Никон уверял паству, что делается это в силу необходимости, ибо в церковных книгах из-за множества переписываний, появились разночтения. Но русских протопопов (старших попов) такое объяснение не устраивало. Протопопы считали Русь единственной хранительницей неповрежденного православия, которое «давно замутилось у плененных турками греков — испроказилось».
— Смотрите, — доказывал им Никон, — святому саккосу сотни лет, а на нем изображенный символ веры с нашим разнится. Вышито: «Его же царствию не будет конца». А мы у себя чтём — «Его же царствию несть конца». Ну, как не выправить?

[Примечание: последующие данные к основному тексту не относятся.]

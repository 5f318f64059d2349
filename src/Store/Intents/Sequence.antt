-- ===== src/Store/Intents/Sequence.antt =====
-- A sequence number that is next is free.
use algo_trading.Common.{ℕ, ◌<◌, ◌≡◌, refl, true, false, ◌||◌, List, [], ◌∷◌, ◌++◌, arith, if-holds}
use algo_trading.Models.{Mode, Result, ok, err, integrity_error}
use algo_trading.Store.Rows.{OrderIntent, IntentRow, Database}
use algo_trading.Store.Intents.{
  last_sequence_number, next_sequence_number, is_correlated, is_sequenced, reserve_intent,
}

is_sequenced_above :
    (strategy_id : ℕ) (mode : Mode) (date n : ℕ) (rs : List IntentRow)
    → last_sequence_number strategy_id mode date rs < n
    → is_sequenced strategy_id mode date n rs ≡ false
unfolding is_sequenced last_sequence_number
is_sequenced_above strategy_id mode date n [] h = refl
is_sequenced_above strategy_id mode date n (r ∷ rs) h =
    ground (arith, h, is_sequenced_above strategy_id mode date n rs)

-- No intent of the day has the next sequence number.
pub next_unused :
    (strategy_id : ℕ) (mode : Mode) (date : ℕ) (db : Database)
    → is_sequenced strategy_id mode date (next_sequence_number strategy_id mode date db) db.intents
      ≡ false
unfolding next_sequence_number
next_unused strategy_id mode date db =
    is_sequenced_above strategy_id mode date _ db.intents (omega arith)

-- An intent with the next sequence number of its day and a correlation identifier that no intent
-- has is reserved: `reserve_intent` returns a number and does not raise.
pub reserve_intent_next :
    (session_id : ℕ) (i : OrderIntent) (db : Database)
    → is_correlated i.correlation_id db.intents ≡ false
    → i.sequence_number ≡ next_sequence_number i.strategy_id i.execution_mode i.trading_date db
    → (n : ℕ) × (reserve_intent session_id i db).0 ≡ ok n
unfolding reserve_intent next_sequence_number
reserve_intent_next session_id i db fresh next =
    let free : is_sequenced i.strategy_id i.execution_mode i.trading_date i.sequence_number
          db.intents
        ≡ false =
      rw next (
        is_sequenced_above i.strategy_id i.execution_mode i.trading_date _ db.intents
          (omega arith)) in
    rw (fresh, free) (_, refl)

is_correlated-append :
    (id : ℕ) (rs : List IntentRow) (r : IntentRow)
    → r.intent.correlation_id ≡ id
    → is_correlated id (rs ++ r ∷ []) ≡ true
unfolding is_correlated
is_correlated-append id [] r h = ground (arith, h)
is_correlated-append id (x ∷ xs) r h = ground (arith, is_correlated-append id xs r h)

-- The reservation leaves the intent's identifier taken.
pub reserve_intent-correlated :
    (session_id : ℕ) (i : OrderIntent) (db : Database) (n : ℕ)
    → (reserve_intent session_id i db).0 ≡ ok n
    → is_correlated i.correlation_id (reserve_intent session_id i db).1.intents ≡ true
unfolding reserve_intent
reserve_intent-correlated session_id i db n =
    let taken =
      is_correlated i.correlation_id db.intents
      || is_sequenced i.strategy_id i.execution_mode i.trading_date i.sequence_number db.intents in
    if-holds
      (λ (r : Result ℕ × Database). r.0 ≡ ok n → is_correlated i.correlation_id r.1.intents ≡ true)
      taken (err integrity_error, db) (ok _, record db { intents = db.intents ++ _ ∷ [] })
      (λ _ made. absurd (ground (arith, made)))
      (λ _ _. is_correlated-append i.correlation_id db.intents _ refl)

-- An identifier that is taken is refused.
pub reserve_intent_taken :
    (session_id : ℕ) (i : OrderIntent) (db : Database)
    → is_correlated i.correlation_id db.intents ≡ true
    → reserve_intent session_id i db ≡ (err integrity_error, db)
unfolding reserve_intent
reserve_intent_taken session_id i db h = rw h
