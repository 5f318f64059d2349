-- ===== src/Execution/Lifecycle/Submitting.antt =====
-- When `handle_signal` reaches the broker, and with what.
use mathlib.Core.Path.{subst}
use algo_trading.Common.{
  ℕ, ◌≡◌, ◌⊎◌, refl, ap, ◌∙◌, Bool-cases, inl, inr, true, false, Option, none, some, List, [], ◌∷◌,
  ◌++◌, arith,
}
use algo_trading.Models.{Mode, market, allowed, Error, Result, ok, err}
use algo_trading.Store.Rows.{OrderIntent, IntentRow, Database}
use algo_trading.Store.Intents.{
  is_signalled, is_correlated, record_signal, next_sequence_number, is_sequenced, reserve_intent,
}
use algo_trading.Store.Intents.Sequence.{
  next_unused, reserve_intent_next, reserve_intent_taken, reserve_intent-correlated,
}
use algo_trading.Broker.{Quote, Broker}
use algo_trading.Broker.Quotes.{QuoteBook, latest_in}
use algo_trading.Execution.Lifecycle.{
  OrderLifecycle, Request, quote_for, intent_of, reserved, correlated, signalled, handle_signal,
}
use algo_trading.Execution.Lifecycle.Kept.{reserved-intents}
use algo_trading.Execution.Lifecycle.Once.{duplicate_lem}

-- The order that a signal asks for, under an identifier: a market order of the signal's instrument,
-- side and quantity, for the strategy, the runtime and the mode of the lifecycle.
pub record IsOrderOf (l : OrderLifecycle) (q : Request) (id : ℕ) (i : OrderIntent) : Type 0 where
  pub correlation_id : i.correlation_id ≡ id
  pub security_id : i.security_id ≡ q.signal.security_id
  pub instrument : i.instrument ≡ q.signal.instrument
  pub side : i.side ≡ q.signal.side
  pub quantity : i.quantity ≡ q.signal.quantity
  pub order_type : i.order_type ≡ market
  pub limit_price : i.limit_price ≡ none
  pub trigger_price : i.trigger_price ≡ none
  pub strategy_id : i.strategy_id ≡ l.strategy_id
  pub runtime_id : i.runtime_id ≡ l.runtime_id
  pub execution_mode : i.execution_mode ≡ l.execution_mode
  pub trading_date : i.trading_date ≡ q.trading_date
  pub product_type : i.product_type ≡ l.product_type
  pub created_at : i.created_at ≡ q.now
  pub config_fingerprint : i.config_fingerprint ≡ l.config_fingerprint
  pub risk_decision : i.risk_decision ≡ allowed

-- The quote of a signal: the newest of the book, or one made of the signal's reference price.
pub record IsQuoteOf (quotes : Option QuoteBook) (q : Request) (v : Quote) : Type 0 where
  pub newest : (w : Quote) → latest_in quotes q.signal.security_id ≡ some w → v ≡ w
  pub made :
      latest_in quotes q.signal.security_id ≡ none
      → (v.security_id ≡ q.signal.security_id)
        × (v.last_price ≡ q.signal.reference_price)
        × (v.bid ≡ none)
        × (v.ask ≡ none)

intent_of-IsOrderOf :
    (l : OrderLifecycle) (q : Request) (signal_id sequence id : ℕ)
    → IsOrderOf l q id (intent_of l q signal_id sequence id)
unfolding intent_of
intent_of-IsOrderOf l q signal_id sequence id = record {
  correlation_id = refl;
  security_id = refl;
  instrument = refl;
  side = refl;
  quantity = refl;
  order_type = refl;
  limit_price = refl;
  trigger_price = refl;
  strategy_id = refl;
  runtime_id = refl;
  execution_mode = refl;
  trading_date = refl;
  product_type = refl;
  created_at = refl;
  config_fingerprint = refl;
  risk_decision = refl;
}

quote_for-IsQuoteOf :
    (quotes : Option QuoteBook) (q : Request) → IsQuoteOf quotes q (quote_for quotes q.signal)
unfolding quote_for
quote_for-IsQuoteOf quotes q = record {
  newest = λ w found. rw found refl;
  made = λ missing. rw missing (refl, refl, refl, refl);
}

module _ (divide : ℕ → ℕ → ℕ) {B : Type 0} (broker : Broker B)
    (correlate : Mode → ℕ → ℕ → ℕ → ℕ → Result ℕ) (quotes : Option QuoteBook) where
  -- A call that does not reach the broker, and why.
  abbrev pub IsHeld : OrderLifecycle → Request → Database → Type 0
  IsHeld l q db =
      let sequence = next_sequence_number l.strategy_id l.execution_mode q.trading_date db in
      let built = correlate l.execution_mode l.runtime_id l.strategy_id q.trading_date sequence in
      (is_signalled q.signal db.signals ≡ true)
      ⊎ (((e : Error) × (built ≡ err e))
          ⊎ ((id : ℕ) × (built ≡ ok id) × (is_correlated id db.intents ≡ true)))

  -- A call that reaches it once, for an order whose identifier was free and is taken afterwards.
  pub record IsSent (l : OrderLifecycle) (q : Request) (before : List IntentRow) (db1 : Database)
      (b b1 : B) : Type 0 where
    pub id : ℕ
    pub free : is_correlated id before ≡ false
    pub taken : is_correlated id db1.intents ≡ true
    pub intent : OrderIntent
    pub order : IsOrderOf l q id intent
    pub quote : Quote
    pub quoted : IsQuoteOf quotes q quote
    pub unused :
        is_sequenced intent.strategy_id intent.execution_mode intent.trading_date
          intent.sequence_number before
        ≡ false
    pub submitted : b1 ≡ (broker.submit intent quote b).1

  reserved_broker :
      (l : OrderLifecycle) (q : Request) (i : OrderIntent) (r : Result ℕ × Database) (b : B) (n : ℕ)
      → r.0 ≡ ok n
      → (reserved divide broker correlate quotes l q i r b).2
        ≡ (broker.submit i (quote_for quotes q.signal) b).1
  unfolding reserved
  reserved_broker l q i (ok m, db) b n e = refl
  reserved_broker l q i (err x, db) b n e = absurd (ground (arith, e))

  -- The reservation of an intent with the next sequence number, and what follows it.
  reserved_free :
      (l : OrderLifecycle) (q : Request) (signal_id id : ℕ) (db : Database) (b : B)
      → is_correlated id db.intents ≡ false
      → let sequence = next_sequence_number l.strategy_id l.execution_mode q.trading_date db in
        let i = intent_of l q signal_id sequence id in
        let r =
          reserved divide broker correlate quotes l q i (reserve_intent l.session_id i db) b in
        IsSent l q db.intents r.1 b r.2
  reserved_free l q signal_id id db b free =
      let sequence = next_sequence_number l.strategy_id l.execution_mode q.trading_date db in
      let i = intent_of l q signal_id sequence id in
      let (n, done) =
        reserve_intent_next l.session_id i db (unfold intent_of in free)
          (unfold intent_of in refl) in
      let same : i.correlation_id ≡ id = unfold intent_of in refl in
      record {
        id = id;
        free = free;
        taken =
            ap (is_correlated id) (
              reserved-intents divide broker correlate quotes l q i
                (reserve_intent l.session_id i db) b)
            ∙ subst (λ k. is_correlated k (reserve_intent l.session_id i db).1.intents ≡ true) same
                (reserve_intent-correlated l.session_id i db n done);
        intent = i;
        order = intent_of-IsOrderOf l q signal_id sequence id;
        quote = quote_for quotes q.signal;
        quoted = quote_for-IsQuoteOf quotes q;
        unused = unfold intent_of in next_unused l.strategy_id l.execution_mode q.trading_date db;
        submitted = reserved_broker l q i (reserve_intent l.session_id i db) b n done;
      }

  reserved_taken :
      (l : OrderLifecycle) (q : Request) (signal_id sequence id : ℕ) (db : Database) (b : B)
      → is_correlated id db.intents ≡ true
      → let i = intent_of l q signal_id sequence id in
        (reserved divide broker correlate quotes l q i (reserve_intent l.session_id i db) b).2 ≡ b
  unfolding reserved
  reserved_taken l q signal_id sequence id db b taken =
      rw
        (reserve_intent_taken l.session_id (intent_of l q signal_id sequence id) db
          (unfold intent_of in taken))
        refl

  -- What the identifier that is built of a new signal leads to.
  correlated_lem :
      (l : OrderLifecycle) (q : Request) (signal_id : ℕ) (built : Result ℕ) (db : Database) (b : B)
      → let sequence = next_sequence_number l.strategy_id l.execution_mode q.trading_date db in
        let r = correlated divide broker correlate quotes l q signal_id sequence built db b in
        ((r.2 ≡ b)
          × (((e : Error) × (built ≡ err e))
              ⊎ ((id : ℕ) × (built ≡ ok id) × (is_correlated id db.intents ≡ true))))
        ⊎ IsSent l q db.intents r.1 b r.2
  unfolding correlated
  correlated_lem l q signal_id (err e) db b = inl (refl, inl (e, refl))
  correlated_lem l q signal_id (ok id) db b = elim (Bool-cases (is_correlated id db.intents)) [
    | inl taken ↦ inl (reserved_taken l q signal_id _ id db b taken, inr (id, refl, taken))
    | inr free ↦ inr (reserved_free l q signal_id id db b free)
  ]

  new_signal :
      (l : OrderLifecycle) (q : Request) (db : Database) (b : B)
      → is_signalled q.signal db.signals ≡ false
      → let sequence = next_sequence_number l.strategy_id l.execution_mode q.trading_date db in
        let built = correlate l.execution_mode l.runtime_id l.strategy_id q.trading_date sequence in
        let r = handle_signal divide broker correlate quotes l q db b in
        ((r.2 ≡ b)
          × (((e : Error) × (built ≡ err e))
              ⊎ ((id : ℕ) × (built ≡ ok id) × (is_correlated id db.intents ≡ true))))
        ⊎ IsSent l q db.intents r.1 b r.2
  unfolding handle_signal signalled record_signal next_sequence_number
  new_signal l q db b new =
      rw new (correlated_lem l q _ _ (record db { signals = db.signals ++ _ ∷ [] }) b)

  -- A call of `handle_signal`, whatever it returns or raises, either leaves the broker as it is, and
  -- then the signal is recorded already, or no identifier is built for the next sequence number, or
  -- an intent has it; or else the signal is not recorded yet, and the call leaves the broker as one
  -- `submit` does, of the market order that the signal asks for, for its instrument's newest quote, or
  -- for one of its reference price where the book has none. No intent has the order's
  -- identifier before the call, nor its sequence number on the day, and one has the identifier after
  -- it.
  pub handle_signal-IsSent :
      (l : OrderLifecycle) (q : Request) (db : Database) (b : B)
      → let r = handle_signal divide broker correlate quotes l q db b in
        ((r.2 ≡ b) × IsHeld l q db)
        ⊎ ((is_signalled q.signal db.signals ≡ false) × IsSent l q db.intents r.1 b r.2)
  handle_signal-IsSent l q db b = elim (Bool-cases (is_signalled q.signal db.signals)) [
    | inl known ↦
        inl (ap (λ r. r.2) (duplicate_lem divide broker correlate quotes l q db b known), inl known)
    | inr new ↦ elim (new_signal l q db b new) [
      | inl (same, why) ↦ inl (same, inr why)
      | inr sent ↦ inr (new, sent)
    ]
  ]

— И не надо выправлять! Ведь по греческому мудрствованию — конец есть, но боятся его и успокаивают — «не будет». Почто врут и двойничают? Мы-то знаем, что царствию Божьему несть конца! Несть! Стало быть — нету! Это грекам надо выправлять свои служебники по нашим! Везут и везут к нам мощи святых угодников, хитоны мучеников, гвозди многие. И ведь не так себе, не бескорыстным подношением, а за мзду! По-христиански ли это? Канючат подаяния на греческие церкви, на прокорм насельникам монастырским, а царь наш тишайший — пожалуйте. А они ему опять палец подносят, а то и всю руку святого или щепу от креста Господня… Подумать страшно, пальцев Иоанна Богослова с полусотни по Руси обретается! Как не грех промышлять сим?
Ненависть протопопов к Никону и греческим богословам была огромна. Протопопы подвергались побоям, ссылкам, истязаниям, но продолжали обзывать греческих иерархов «блохочинными» и «побирушками». Пламенный борец за старую веру, протопоп Аввакум громогласно взывал к народу:
— Слыши небо и внуши земле! Вы будете свидетели нашей крови изливающейся! Нас винят, что еще держим неизменно отцов своих предание!
Царь неоднократно ссылал Аввакума далеко за пределы Москвы, но и оттуда — из Тобольска, из Даурских мест, с устья Печоры — гнев протопопа настигал никониан.
Аввакумовы послания ходили по рукам, переписывались, — некуда было деться царю и придворному духовенству от его «крика».
Народ поддерживал Аввакума:
— В Московском государстве не стало церкви Божией, все пастыри с патриархом губители, а не ревнители благочиния!
Ближайшей ученицей Аввакума была верховная боярыня Федосия Прокопьевна Морозова, родственница царя. Она тайно приняла от Аввакума монашество, устроила в своем доме раскольничий монастырь, собирала вокруг себя раскольников Москвы, раздала треть своего состояния во имя старообрядческой веры.
— С новой верой испоганится Русь! — жарко убеждала она. — Не будет в ней христианского благочестия, а будет всё больше сраму прибывать! И погинет вера Христова православная, и нельзя ей дать погинуть!
Царь приходил в ярость, когда слышал о «подвигах» Морозовой. Он требовал от нее отречения. Она не отреклась:
— Скажи, почто и отец твой веровал яко же и мы? — гневно стыдила царя. — Если я достойна озлобления, то извергни тело отца своего из гроба и предай его, проклявши, псам на съедение!
Тогда было велено отправить ее в тюрьму Псково-Печерского монастыря. Закованную в цепи, с ошейником, Морозову посадили на дровни и повезли через Кремль мимо царских теремов. Но и под тяжестью огромных цепей Федосия осеняла себя крестным знамением, посылая к царским окнам десницу с двуперстием.
Единственный сын Морозовой, четырнадцатилетний отрок Иван, заболел с горя. Бояре недоумевали: восемь тысяч крестьян у Морозовой, домообза-ведения на двести тысяч, — ей ничего не жаль. Сына не щадит, наследника всему!
Вскоре Федосию вернули назад в Москву. Приволокли в пыточную избу.
— На костре сожгу! Отрекись! — добивался от нее Алексей.
Она кричала высоким, резким голосом:
— Для меня великая честь, если сподоблюсь быть огнем сожжена!
Даже на дыбе, с вывернутыми в плечах суставами, с огромными порезами на руках, таких, что видны были жилы, она не отреклась.
Боярыню Морозову увезли в острог Боровского монастыря, заключив в земляную тюрьму. Свезли в Боровск и сестру Морозовой, княгиню Урусову, которая тоже горячо поддерживала раскол. Там сестры умерли голодной смертью.
— Видите, видите клокочуща христопродавца!.. — проклинал царя Аввакум, посаженный тоже в земляную тюрьму. — Иных за ребра вешал, а иных во льду заморозил, а боярынь, живых засадя, уморил в пятисаженных ямах!